Alexander Graham Bell biography and quotes
Alexander Graham Bell (March 3, 1847 – August 2, 1922) was a Scottish inventor, scientist and engineer. Alexander Graham Bell is credited with inventing and patenting the first telephone. He was president of the Bell Telephone Company in 1877 and went on to be one of the founders of the American Telephone and Telegraph Company (AT&T).
He did not only invent the telephone. Examples of other his inventions include the hydrofoils, optical telecommunications, and various aeronautical inventions. He was also the founder of early versions of the metal detector. Furthermore, he served as the second president of the National Geographic Society magazine from 1898 to 1903.
Who is Alexander Graham Bell? His biography
Alexander Graham Bell was born in Edinburgh, Scotland. The house in which he was born was on South Charlotte Street and today has an inscription honoring Hall’s birth. Alexander had two brothers: Melville James Bell and Edward Charles Bell. Both brothers would suffer from tuberculosis at a young age.

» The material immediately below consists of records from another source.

-- ===== src/Dpdk/Output/Bounds.antt =====
-- The normalized messages that the callbacks of `PacketHandler` in include/dpdk/packet_handler.hpp form:
-- their numbers fit the types of include/common/types.hpp.
use dpdk_itch5_feedhandler.Prelude.{
  ℕ, ◌+◌, ◌<◌, ◌^◌, List, [], ◌∷◌, Bool, length, ltb, All, All-append, if_holds, arith,
}
use dpdk_itch5_feedhandler.Common.Types.{NormalizedMessage}
use dpdk_itch5_feedhandler.Common.Endian.Reads.{ntoh32-lt, ntoh64-lt}
use dpdk_itch5_feedhandler.Spsc.Queue
use dpdk_itch5_feedhandler.Itch.Messages.Orders.{AddOrder, OrderExecuted}
use dpdk_itch5_feedhandler.Itch.Messages.Changes.{OrderCancel, OrderDelete, OrderReplace, Trade}
use dpdk_itch5_feedhandler.Dpdk.Output.{
  buffer_capacity, of_add_order, of_order_executed, of_order_cancel, of_order_delete,
  of_order_replace, of_trade,
}

-- The numbers of a message fit the types of their fields: a 48-bit timestamp in `uint64_t`, and a
-- price that is not negative in `int64_t`.
pub record IsMessage (m : NormalizedMessage) : Type 0 where
  pub timestamp : m.timestamp < 2 ^ 48
  pub order_ref : m.order_ref < 2 ^ 64
  pub price : m.price < 2 ^ 63
  pub quantity : m.quantity < 2 ^ 32
  pub executed_quantity : m.executed_quantity < 2 ^ 32
  pub new_order_ref : m.new_order_ref < 2 ^ 64

pub push-IsMessage :
    (q : List NormalizedMessage) (msg : NormalizedMessage)
    → All IsMessage q
    → IsMessage msg
    → All IsMessage (Queue.push buffer_capacity q msg).1
unfolding Queue.push
push-IsMessage q msg all fits =
    if_holds {A = Bool × List NormalizedMessage} (λ r. All IsMessage r.1)
      (ltb (length q + 1) buffer_capacity) (All-append _ q (msg ∷ []) all (fits, tt)) all

pub of_add_order-IsMessage :
    (m : AddOrder) (ts price qty : ℕ)
    → ts < 2 ^ 48
    → price < 2 ^ 63
    → qty < 2 ^ 32
    → IsMessage (of_add_order m ts price qty)
unfolding of_add_order
of_add_order-IsMessage m ts price qty t p n = record {
  timestamp = t;
  order_ref = ntoh64-lt m.order_reference_number;
  price = p;
  quantity = n;
  executed_quantity = omega arith;
  new_order_ref = omega arith;
}

pub of_order_replace-IsMessage :
    (m : OrderReplace) (ts price qty : ℕ)
    → ts < 2 ^ 48
    → price < 2 ^ 63
    → qty < 2 ^ 32
    → IsMessage (of_order_replace m ts price qty)
unfolding of_order_replace
of_order_replace-IsMessage m ts price qty t p n = record {
  timestamp = t;
  order_ref = ntoh64-lt m.original_order_reference_number;
  price = p;
  quantity = n;
  executed_quantity = omega arith;
  new_order_ref = ntoh64-lt m.new_order_reference_number;
}

pub of_trade-IsMessage :
    (m : Trade) (ts price qty : ℕ)
    → ts < 2 ^ 48
    → price < 2 ^ 63
    → qty < 2 ^ 32
    → IsMessage (of_trade m ts price qty)
unfolding of_trade
of_trade-IsMessage m ts price qty t p n = record {
  timestamp = t;
  order_ref = ntoh64-lt m.order_reference_number;
  price = p;
  quantity = n;
  executed_quantity = omega arith;
  new_order_ref = omega arith;
}

pub of_order_executed-IsMessage :
    (m : OrderExecuted) (ts : ℕ) → ts < 2 ^ 48 → IsMessage (of_order_executed m ts)
unfolding of_order_executed
of_order_executed-IsMessage m ts t = record {
  timestamp = t;
  order_ref = ntoh64-lt m.order_reference_number;
  price = omega arith;
  quantity = omega arith;
  executed_quantity = ntoh32-lt m.executed_shares;
  new_order_ref = omega arith;
}

pub of_order_cancel-IsMessage :
    (m : OrderCancel) (ts : ℕ) → ts < 2 ^ 48 → IsMessage (of_order_cancel m ts)
unfolding of_order_cancel
of_order_cancel-IsMessage m ts t = record {
  timestamp = t;
  order_ref = ntoh64-lt m.order_reference_number;
  price = omega arith;
  quantity = ntoh32-lt m.cancelled_shares;
  executed_quantity = omega arith;
  new_order_ref = omega arith;
}

pub of_order_delete-IsMessage :
    (m : OrderDelete) (ts : ℕ) → ts < 2 ^ 48 → IsMessage (of_order_delete m ts)
unfolding of_order_delete
of_order_delete-IsMessage m ts t = record {
  timestamp = t;
  order_ref = ntoh64-lt m.order_reference_number;
  price = omega arith;
  quantity = omega arith;
  executed_quantity = omega arith;
  new_order_ref = omega arith;
}
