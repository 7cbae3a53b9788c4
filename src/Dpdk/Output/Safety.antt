-- ===== src/Dpdk/Output/Safety.antt =====
-- The callbacks of `PacketHandler` in include/dpdk/packet_handler.hpp return, and keep the ring in order.
use dpdk_itch5_feedhandler.Prelude.{
  ℕ, ◌+◌, ◌≡◌, refl, List, [], ◌∷◌, Bool, true, false, inc64, if◌then◌else◌, length-append, length,
  Post, bind-Post, All, add64, arith,
}
use dpdk_itch5_feedhandler.Common.Types.{NormalizedMessage}
use dpdk_itch5_feedhandler.Spsc.Ring.{RingBuffer}
use dpdk_itch5_feedhandler.Spsc.Queue
use dpdk_itch5_feedhandler.Spsc.Refine.{IsCapacity, Represents, try_push_refines}
use dpdk_itch5_feedhandler.Itch.Parser.Reads.{KeepCallbacks}
use dpdk_itch5_feedhandler.Dpdk.Output.Bounds.{
  IsMessage, push-IsMessage, of_add_order-IsMessage, of_order_executed-IsMessage,
  of_order_cancel-IsMessage, of_order_delete-IsMessage, of_order_replace-IsMessage,
  of_trade-IsMessage,
}
use dpdk_itch5_feedhandler.Dpdk.Output.{
  Output, buffer_capacity, push_message, setup_parser_callbacks,
}

pub buffer_capacity-IsCapacity : IsCapacity buffer_capacity
buffer_capacity-IsCapacity = record {
  log = 16;
  power = refl;
  positive = omega arith;
  small = omega arith;
}

length-push :
    (q : List NormalizedMessage) (msg : NormalizedMessage)
    → length (Queue.push buffer_capacity q msg).1
      ≡ (if (Queue.push buffer_capacity q msg).0 then length q + 1 else length q)
unfolding Queue.push
length-push q msg = ground (arith, length-append q (msg ∷ []))

-- The output's buffer is the ring of some queue, where `taken` messages were taken from it: what was
-- pushed is these and those in the queue, and their numbers fit their types.
abbrev pub IsOutput : ℕ → Output → Type 0
IsOutput taken o =
    (q : List NormalizedMessage) × Represents buffer_capacity o.buffer q
    × (o.messages_pushed ≡ add64 taken (length q))
    × All IsMessage q

-- Whether a push went in, with the ring after it.
abbrev Pushed : List NormalizedMessage → Bool × RingBuffer NormalizedMessage → Type 0
Pushed q t =
    (p : List NormalizedMessage) × Represents buffer_capacity t.1 p
    × (length p ≡ (if t.0 then length q + 1 else length q))
    × All IsMessage p

settle-IsOutput :
    (taken : ℕ) (o : Output) (q : List NormalizedMessage) (b : Bool)
    (r : RingBuffer NormalizedMessage)
    → o.messages_pushed ≡ add64 taken (length q)
    → Pushed q (b, r)
    → IsOutput taken (
        if b
        then record o { buffer = r; messages_pushed = inc64 o.messages_pushed }
        else record o { buffer = r; buffer_full_count = inc64 o.buffer_full_count })
settle-IsOutput taken o q true r n (p, w, l, fit) = (p, w, omega (arith, n, l), fit)
settle-IsOutput taken o q false r n (p, w, l, fit) = (p, w, omega (arith, n, l), fit)

module _ (taken : ℕ) where
  push_message_returns :
      (o : Output) (msg : NormalizedMessage)
      → IsMessage msg
      → IsOutput taken o
      → Post (IsOutput taken) (push_message o msg)
  unfolding push_message
  push_message_returns o msg fits (q, v, n, all) =
      let (r, e, v') =
        try_push_refines buffer_capacity o.buffer q msg buffer_capacity-IsCapacity v in
      bind-Post (Pushed q) (IsOutput taken)
        (_, e, (_, v', length-push q msg, push-IsMessage q msg all fits))
        λ t w. (_, refl, settle-IsOutput taken o q t.0 t.1 n w)

  pub callbacks_keep : KeepCallbacks (IsOutput taken) setup_parser_callbacks
  unfolding setup_parser_callbacks
  callbacks_keep = record {
    add_order = λ m ts price qty o t p n v.
        push_message_returns o _ (of_add_order-IsMessage m ts price qty t p n) v;
    add_order_mpid = tt;
    order_executed = λ m ts o t v. push_message_returns o _ (of_order_executed-IsMessage m ts t) v;
    order_executed_with_price = tt;
    order_cancel = λ m ts o t v. push_message_returns o _ (of_order_cancel-IsMessage m ts t) v;
    order_delete = λ m ts o t v. push_message_returns o _ (of_order_delete-IsMessage m ts t) v;
    order_replace = λ m ts price qty o t p n v.
        push_message_returns o _ (of_order_replace-IsMessage m ts price qty t p n) v;
    trade = λ m ts price qty o t p n v.
        push_message_returns o _ (of_trade-IsMessage m ts price qty t p n) v;
  }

Father Alexander Melville Bell was a phonetician, mother Eliza Grace Bell a devoted stay-at-home mom. Alexander was given a name at birth: Alexander. When he was 10 years old, he asked his parents for a middle name, just like his brothers. That is why the name Graham was added to his name, after the name of a good friend of his father. To people close to Alexander he remained Aleck.
The family attended an area Presbyterian church during his childhood.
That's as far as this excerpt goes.